United States Bankruptcy Court, E.D. Oklahoma
Sep 2, 2004
Case Nos. 04-71577, 04-71578, 04-71579, 04-71580, 04-71581, 04-71582, 04-71583, 04-71585, Jointly Administered Under Case No. 04-71577 (Bankr. E.D. Okla. Sep. 2, 2004)

Opinion

Case Nos. 04-71577, 04-71578, 04-71579, 04-71580, 04-71581, 04-71582, 04-71583, 04-71585, Jointly Administered Under Case No. 04-71577.

September 2, 2004.


ORDER


On the 19th and 30th days of August, 2004, the Debtors' Motion for Order of Substantive Consolidation(Docket Entry #243); Objection of CS Acquisitions, LLC to Debtors' Motion for Order of Substantive Consolidation (Docket Entry #300); Objection to Motion for Substantive Consolidation, filed by Fleming Companies, Inc. (Docket Entry #310); Limited Objection to Motion for Substantive Consolidation, filed by Martinous Produce Company, Inc. (Docket Entry #314); and Comment Regarding Debtors' Motion for Substantive Consolidation, filed by Associated Wholesale Grocers, Inc. and AWG Acquisition, LLC (Docket Entry #353) came on for evidentiary hearing. Appearances were entered by Sam Bratton, Attorney for Debtors; Mark Benedict and Neal Tomlins, Attorneys for Associated Wholesale Grocers ("AWG"); Gary Bryant and Sarah Hall, Attorneys for CS Acquisitions, LLC ("CS"); Steven Bugg, Attorney for Fleming Companies, Inc. ("Fleming"); Jackie Hill, Attorney for Oklahoma Grocers Association ("OGA"); Jason Bramlett and Steve McCartin, Attorneys for the Official Committee for Unsecured Creditors ("Committee"); Amy Wilbourn, Attorney for Arvest Bank, Fayetteville ("Arvest"); John Richer, Attorney for Martinous Produce Co., Inc. ("Martinous") and Benenson Capital Company; Terry M. Thomas, Attorney for Harp's; Ron Wright, Attorney for National Bank of Sallisaw; and Paul Thomas, Attorney for the U.S. Trustee. After review, this Court does hereby enter the following findings and conclusions in conformity with Rule 7052, Fed.R.Bankr.P., in this core proceeding.
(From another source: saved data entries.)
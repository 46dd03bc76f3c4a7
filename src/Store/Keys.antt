-- ===== src/Store/Keys.antt =====
-- Whose keys a slot holds, and that they are the ones its seed determines.
use ledger_arweave.Base.{
  ℕ, zero, suc, ◌≡◌, refl, ap₂, true, [], ◌∷◌, none, some, Bytes, arith, Option-cases, inl, inr,
  ==_iff,
}
use ledger_arweave.Result.{Result, zxerr_unknown, ok, fail}
use ledger_arweave.Store.{
  Sdk, Slot, Store, slot_at, put_slot, same_bytes, seed_of, derive_master_seed, primes_of,
  init_primes, init_keys, initialize_slot,
}

pub same_bytes-eq : (xs ys : Bytes) → same_bytes xs ys ≡ true → xs ≡ ys
same_bytes-eq [] [] h = refl
same_bytes-eq (x ∷ xs) (y ∷ ys) h =
    ap₂ ◌∷◌ ((==_iff x y).0 (ground arith)) (same_bytes-eq xs ys (ground arith))
same_bytes-eq [] (y ∷ ys) h = absurd (cc)
same_bytes-eq (x ∷ xs) [] h = absurd (cc)

pub same_bytes_self : (xs : Bytes) → same_bytes xs xs ≡ true
same_bytes_self [] = refl
same_bytes_self (x ∷ xs) = rw ((==_iff x x).1 refl) (same_bytes_self xs)

-- An initialized slot holds the key pair that its primes determine, with the size that the SDK gives
-- it, and the primes are those of its seed.
pub record IsDerived (sdk : Sdk) (k : Slot) : Type 0 where
  pub primes : primes_of sdk k.master_seed ≡ some k.pq
  pub pair : sdk.generate_pair k.pq ≡ some (k.rsa_pub, k.rsa_priv)
  pub size : k.rsa_size ≡ sdk.key_size

-- The invariant of a slot.
unfoldable pub HasKeys : Sdk → Slot → Type 0
HasKeys sdk k = k.initialized ≡ true → IsDerived sdk k

-- The slot is initialized with the seed of this device's mnemonic.
pub record IsOwn (sdk : Sdk) (k : Slot) : Type 0 where
  pub set_up : k.initialized ≡ true
  pub derived : Bytes
  pub derives : sdk.derive_seed ≡ some derived
  pub same_seed : k.master_seed ≡ seed_of sdk derived

-- The slot that `crypto_initialize_slot` makes of a seed, its primes and their key pair.
abbrev pub keyed : ℕ → Bytes → Bytes → Bytes × Bytes → Slot
keyed size seed pq pair = record {
  master_seed = seed;
  pq = pq;
  rsa_size = size;
  rsa_pub = pair.0;
  rsa_priv = pair.1;
  initialized = true;
}

-- The ways `crypto_initialize_slot` ends on the slot `k`: the SDK refuses the seed and nothing has
-- changed, it refuses later and a seed and perhaps primes are written, or all is written.
pub initialize_slot-cases :
    (sdk : Sdk) (k : ℕ) (s : Store) (R : Result Store Store → Type 0)
    → (sdk.derive_seed ≡ none → R (fail zxerr_unknown (record s { slot_in_use = k })))
    → ((derived seed pq : Bytes)
        → sdk.derive_seed ≡ some derived
        → R (
            fail zxerr_unknown (
              put_slot k
                (record (slot_at k s) { master_seed = seed; pq = pq })
                (record s { slot_in_use = k }))))
    → ((derived pq : Bytes) (pair : Bytes × Bytes)
        → sdk.derive_seed ≡ some derived
        → primes_of sdk (seed_of sdk derived) ≡ some pq
        → sdk.generate_pair pq ≡ some pair
        → R (
            ok (
              put_slot k
                (keyed sdk.key_size (seed_of sdk derived) pq pair)
                (record s { slot_in_use = k; device_initialized = true }))))
    → R (initialize_slot sdk (record s { slot_in_use = k }))
unfolding initialize_slot derive_master_seed init_primes init_keys
initialize_slot-cases sdk zero s R unseeded partly whole = elim (Option-cases sdk.derive_seed) [
  | inl e ↦ rw e (unseeded e)
  | inr d ↦ rw d.1 (elim (Option-cases (primes_of sdk (seed_of sdk d.0))) [
    | inl e ↦ rw e (partly d.0 (seed_of sdk d.0) s.first.pq d.1)
    | inr q ↦ rw q.1 (elim (Option-cases (sdk.generate_pair q.0)) [
      | inl e ↦ rw e (partly d.0 (seed_of sdk d.0) q.0 d.1)
      | inr r ↦ rw r.1 (whole d.0 q.0 r.0 d.1 q.1 r.1)
    ])
  ])
]
initialize_slot-cases sdk (suc n) s R unseeded partly whole = elim (Option-cases sdk.derive_seed) [
  | inl e ↦ rw e (unseeded e)
  | inr d ↦ rw d.1 (elim (Option-cases (primes_of sdk (seed_of sdk d.0))) [
    | inl e ↦ rw e (partly d.0 (seed_of sdk d.0) s.second.pq d.1)
    | inr q ↦ rw q.1 (elim (Option-cases (sdk.generate_pair q.0)) [
      | inl e ↦ rw e (partly d.0 (seed_of sdk d.0) q.0 d.1)
      | inr r ↦ rw r.1 (whole d.0 q.0 r.0 d.1 q.1 r.1)
    ])
  ])
]
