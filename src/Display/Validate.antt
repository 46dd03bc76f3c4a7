-- ===== src/Display/Validate.antt =====
-- What a success of `parser_validate` says of the owner's key and of the items.
use ledger_arweave.Base.{
  [], ℕ, zero, suc, ◌+◌, ◌*◌, ◌≤◌, ◌<◌, ◌≡◌, refl, sym, ap, ap₂, ◌∙◌, Bool, true, Bytes, arith, ltb,
  on_test, Bool-cases, inl, inr, ltb→lt, le_of_ltb-false, slice, take, take_all, drop, drop-drop,
  ◌∷◌, ◌++◌, length,
}
use ledger_arweave.Status.{Step, ok, fail}
use ledger_arweave.Parser.{Tx}
use ledger_arweave.Store.{Store, in_use, same_bytes, is_initialized, pubkey_part}
use ledger_arweave.Result.{Result}
use ledger_arweave.Store.Keys.{same_bytes-eq}
use ledger_arweave.Crypto.{get_pubkey_part}
use ledger_arweave.Parser.Layout.{view_element}
use ledger_arweave.Display.{
  Ui, Screen, get_num_items, after_item, first_page, show_items, after_half, validate, same_owner,
}

after_item-ok :
    (rest : Step ℕ) (idx n : ℕ) (r : Step Screen)
    → after_item rest idx r ≡ ok n
    → ((s : Screen) × (r ≡ ok s)) × (rest ≡ ok n)
after_item-ok rest idx n (ok s) h = ((s, refl), h)
after_item-ok rest idx n (fail e s) h = absurd (cc)

pub show_items-ok :
    (ui : Ui) (memory : Bytes) (v : Tx) (left idx n k : ℕ)
    → show_items ui memory v left idx ≡ ok n
    → idx ≤ k
    → k < idx + left
    → (s : Screen) × (first_page ui memory v k ≡ ok s)
unfolding show_items
show_items-ok ui memory v zero idx n k h lo hi = absurd (omega arith)
show_items-ok ui memory v (suc left) idx n k h lo hi =
    let (item, rest) = after_item-ok _ idx n (first_page ui memory v idx) h in
    elim (Bool-cases (ltb idx k)) [
      | inl later ↦
          show_items-ok ui memory v left (idx + 1) n k rest (omega (arith, ltb→lt idx k later))
            (omega arith)
      | inr same ↦
          (item.0, ap (first_page ui memory v) (omega (arith, le_of_ltb-false idx k same)) ∙ item.1)
    ]

-- When `parser_validate` succeeds, the first page of every item of the review can be shown: no index
-- below the number of items gives an error.
pub validate-shows :
    (ui : Ui) (s : Store) (memory : Bytes) (v : Tx) (n idx : ℕ)
    → validate ui s memory v ≡ ok n
    → idx < get_num_items ui v
    → (screen : Screen) × (first_page ui memory v idx ≡ ok screen)
unfolding validate
validate-shows ui s memory v n idx h lt =
    on_test (λ r. r ≡ ok n → (screen : Screen) × (first_page ui memory v idx ≡ ok screen)) _ _
      (same_owner s memory v 2 0)
      (λ _ e. show_items-ok ui memory v (get_num_items ui v) 0 n idx e (omega arith) (omega arith))
      (λ _ e. absurd (cc)) h

after_half-true :
    (rest : Bool) (half : Bytes) (r : Result Bytes Store)
    → after_half rest half r ≡ true
    → (r ≡ Result.ok half) × (rest ≡ true)
after_half-true rest half (Result.ok key) h =
    on_test
      (λ b.
        b ≡ true → (◌≡◌ {A = Result Bytes Store} (Result.ok key) (Result.ok half)) × (rest ≡ true))
      _ _ (same_bytes half key)
      (λ e h. (ap (λ (k : Bytes). Result.ok k) (sym (same_bytes-eq half key e)), h))
      (λ _ h. absurd (cc)) h
after_half-true rest half (Result.fail e s) h = absurd (cc)

get_pubkey_part-ok :
    (i : ℕ) (s : Store) (key : Bytes)
    → get_pubkey_part 256 i s ≡ Result.ok key
    → (is_initialized s ≡ true) × (key ≡ slice (in_use s).rsa_pub (i * 256) 256)
unfolding get_pubkey_part pubkey_part
get_pubkey_part-ok i s key = elim (Bool-cases (is_initialized s)) [
  | inr e ↦ rw e λ h. absurd (cc)
  | inl e ↦ rw e (on_test Goal _ _ (ltb 1 i) (λ _ h. absurd (cc)) λ _ h. (refl, cc))
]
  where
    Goal : Result Bytes Store → Type 0
    Goal r = r ≡ Result.ok key → (true ≡ true) × (key ≡ slice (in_use s).rsa_pub (i * 256) 256)

take-nil : (n : ℕ) → take {A = ℕ} n [] ≡ []
take-nil zero = refl
take-nil (suc n) = refl

take-split : (m n : ℕ) (xs : Bytes) → take (m + n) xs ≡ take m xs ++ take n (drop m xs)
take-split zero n xs = ap (λ (k : ℕ). take k xs) (omega arith)
take-split (suc m) n [] = take-nil (suc m + n) ∙ sym (take-nil n)
take-split (suc m) n (x ∷ xs) =
    let e : suc m + n ≡ suc (m + n) = omega arith in
    ap (λ (k : ℕ). take k (x ∷ xs)) e ∙ ap (λ (ys : Bytes). x ∷ ys) (take-split m n xs)

-- When `parser_validate` succeeds, the store is initialized and the owner of the transaction is the
-- public key of the slot in use, all of its 512 bytes.
pub validate-owner :
    (ui : Ui) (s : Store) (memory : Bytes) (v : Tx) (n : ℕ)
    → validate ui s memory v ≡ ok n
    → v.owner.len ≡ 512
    → length (in_use s).rsa_pub ≡ 512
    → (is_initialized s ≡ true) × (view_element memory v.owner ≡ (in_use s).rsa_pub)
unfolding validate same_owner
validate-owner ui s memory v n h len_owner len_key = (
  front.0,
  ap (λ (m : ℕ). slice memory v.owner.ptr m) len_owner
      ∙ take-split 256 256 (drop v.owner.ptr memory)
      ∙ ap₂ ◌++◌ (ap (λ (p : ℕ). slice memory p 256) (omega arith) ∙ front.1) (
          ap (take 256) (drop-drop 256 v.owner.ptr memory)
          ∙ ap (λ (p : ℕ). slice memory p 256) (omega arith)
          ∙ back.1)
      ∙ sym (take-split 256 256 (in_use s).rsa_pub)
      ∙ take_all 512 (in_use s).rsa_pub (omega arith),
)
  where
    both : same_owner s memory v 2 0 ≡ true
    both =
        on_test (λ r. r ≡ ok n → same_owner s memory v 2 0 ≡ true) _ _ (same_owner s memory v 2 0)
          (λ e _. e) (λ _ e. absurd (cc)) h

    first :
        (get_pubkey_part 256 0 s ≡ Result.ok (slice memory (v.owner.ptr + 0 * 256) 256))
        × (same_owner s memory v 1 1 ≡ true)
    first = after_half-true _ _ _ both

    second :
        (get_pubkey_part 256 1 s ≡ Result.ok (slice memory (v.owner.ptr + 1 * 256) 256))
        × (true ≡ true)
    second = after_half-true _ _ _ first.1

    front :
        (is_initialized s ≡ true)
        × (slice memory (v.owner.ptr + 0 * 256) 256 ≡ slice (in_use s).rsa_pub 0 256)
    front = get_pubkey_part-ok 0 s _ first.0

    back :
        (is_initialized s ≡ true)
        × (slice memory (v.owner.ptr + 1 * 256) 256 ≡ slice (in_use s).rsa_pub 256 256)
    back = get_pubkey_part-ok 1 s _ second.0
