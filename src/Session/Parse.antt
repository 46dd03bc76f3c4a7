-- ===== src/Session/Parse.antt =====
-- What the NULL of `tx_parse` says of the message.
use ledger_arweave.Base.{
  inl, inr, ℕ, ◌<◌, ◌≡◌, refl, subst, true, none, some, Bytes, IsByte, All, arith, length,
  length-take, length-drop, drop,
}
use ledger_arweave.Status
use ledger_arweave.Status.{Step, Step-cases, get_error_description}
use ledger_arweave.Parser.{Context, Tx, parse}
use ledger_arweave.Parser.Layout.{view}
use ledger_arweave.Parser.RoundTrip.{IsSound, parse-IsSound}
use ledger_arweave.Parser.Room.{HasRoom, parse-HasRoom}
use ledger_arweave.Parser.Range.{IsTyped}
use ledger_arweave.Parser.Typed.{parse-IsTyped}
use ledger_arweave.Store.{Store, in_use, is_initialized}
use ledger_arweave.Display.{Ui, validate}
use ledger_arweave.Display.Validate.{validate-owner}
use ledger_arweave.Buffering.{Buffering}
use ledger_arweave.Session.{Session, tx_parse, tx_get_buffer, report_parsing, report_validation}

-- A transaction that may be shown: it is one that the message begins with, its owner is the public
-- key of the slot in use, and `parser_validate` has accepted it.
pub record IsReviewed (ui : Ui) (store : Store) (memory : Bytes) (p : Context × Tx) : Type 0 where
  pub sound : IsSound memory (length memory) p
  pub set_up : is_initialized store ≡ true
  pub own : (view memory p.1).owner ≡ (in_use store).rsa_pub
  pub items : ℕ
  pub valid : validate ui store memory p.1 ≡ Status.ok items

-- A received message: bytes, fewer than 2 ^ 16, with the tag array of the object in place.
pub record IsMessage (memory : Bytes) (p : Context × Tx) : Type 0 where
  pub bytes : All IsByte memory
  pub small : length memory < 65536
  pub room : HasRoom p

owner_len :
    (memory : Bytes) (p : Context × Tx) → IsSound memory (length memory) p → p.1.owner.len ≡ 512
owner_len memory p h = omega (
  arith,
  h.supported.modulus,
  h.bounds.owner_in,
  length-take p.1.owner.len (drop p.1.owner.ptr memory),
  length-drop p.1.owner.ptr memory,
)

parsed-IsReviewed :
    (ui : Ui) (store : Store) (memory : Bytes) (p q : Context × Tx) (n : ℕ)
    → IsMessage memory p
    → length (in_use store).rsa_pub ≡ 512
    → parse p (some memory) (length memory) ≡ Status.ok q
    → validate ui store memory q.1 ≡ Status.ok n
    → IsReviewed ui store memory q
parsed-IsReviewed ui store memory p q n m len e v =
    let sound =
      parse-IsSound p memory (length memory) q
        (record { readable = omega arith; small = m.small; bytes = m.bytes }) m.room e in
    let owner = validate-owner ui store memory q.1 n v (owner_len memory q sound) len in
    record { sound = sound; set_up = owner.0; own = owner.1; items = n; valid = v }

module _ (zx : Buffering) where
  open zx use {Buffer, contents}

  -- When `tx_parse` returns NULL, the message begins with the encoding of a supported transaction,
  -- the one that the object means; its owner is the public key of the slot in use, which is
  -- initialized; and `parser_validate` accepts it. The modulus in the slot has 512 bytes.
  pub tx_parse-IsReviewed :
      (ui : Ui) (store : Store) (s : Session Buffer)
      → IsMessage (contents s.buffer) s.parsed
      → length (in_use store).rsa_pub ≡ 512
      → (tx_parse zx ui store s).0 ≡ none
      → IsReviewed ui store (contents s.buffer) (tx_parse zx ui store s).1.parsed
  unfolding tx_parse tx_get_buffer report_parsing report_validation
  tx_parse-IsReviewed ui store s m len =
      elim (Step-cases (parse s.parsed (some (contents s.buffer)) (length (contents s.buffer)))) [
        | inr f ↦ rw f.2 λ h. absurd (cc)
        | inl q ↦ rw q.1 (elim (Step-cases (validate ui store (contents s.buffer) q.0.1)) [
          | inr f ↦ rw f.2 λ h. absurd (cc)
          | inl n ↦
              rw n.1
                λ h. parsed-IsReviewed ui store (contents s.buffer) s.parsed q.0 n.0 m len q.1 n.1
        ])
      ]

  -- The object of the parser keeps its tag array, and the buffer is left alone.
  pub tx_parse-HasRoom :
      (ui : Ui) (store : Store) (s : Session Buffer)
      → HasRoom s.parsed
      → HasRoom (tx_parse zx ui store s).1.parsed × ((tx_parse zx ui store s).1.buffer ≡ s.buffer)
  unfolding tx_parse tx_get_buffer report_parsing
  tx_parse-HasRoom ui store s h =
      elim (Step-cases (parse s.parsed (some (contents s.buffer)) (length (contents s.buffer)))) [
        | inr f ↦
            rw f.2 (subst (λ (m : Step (Context × Tx)). HasRoom (Status.final m)) f.2 kept, refl)
        | inl q ↦
            rw q.1 (subst (λ (m : Step (Context × Tx)). HasRoom (Status.final m)) q.1 kept, refl)
      ]
    where
      kept :
          HasRoom
            (Status.final (parse s.parsed (some (contents s.buffer)) (length (contents s.buffer))))
      kept = parse-HasRoom s.parsed (some (contents s.buffer)) (length (contents s.buffer)) h

  -- The numbers of the parser stay within their C types, and its cursor in the message.
  pub tx_parse-IsTyped :
      (ui : Ui) (store : Store) (s : Session Buffer)
      → IsTyped s.parsed
      → IsTyped (tx_parse zx ui store s).1.parsed
  unfolding tx_parse tx_get_buffer report_parsing
  tx_parse-IsTyped ui store s h =
      elim (Step-cases (parse s.parsed (some (contents s.buffer)) (length (contents s.buffer)))) [
        | inr f ↦ rw f.2 (subst (λ (m : Step (Context × Tx)). IsTyped (Status.final m)) f.2 kept)
        | inl q ↦ rw q.1 (subst (λ (m : Step (Context × Tx)). IsTyped (Status.final m)) q.1 kept)
      ]
    where
      kept :
          IsTyped
            (Status.final (parse s.parsed (some (contents s.buffer)) (length (contents s.buffer))))
      kept = parse-IsTyped s.parsed (contents s.buffer) (length (contents s.buffer)) (omega arith) h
These above-referenced entities filed for bankruptcy relief on April 26, 2004. Since early June, 2004, the eight cases have been jointly administered. Collectively, the Debtors operate twenty-four (24) retail grocery stores in Oklahoma, Kansas and Arkansas. The Debtors are continuing the operations of the grocery stores as Debtors in Possession.

In the Motion, the Debtors state that they have the same officers, controlling persons, central management, and accounting personnel. The businesses have been operating as a common economic enterprise, and Debtors state that creditors and customers have relied on the credit worthiness of the Debtors' overall enterprise. Debtors state that accounts and funds have been commingled and expenses and costs historically have not been allocated to each grocery store. Debtors note that the formal requirements for maintenance of separate entities have been ignored, and that the financial affairs of the Debtors are "hopelessly intertwined." Even the expenses paid have been commingled.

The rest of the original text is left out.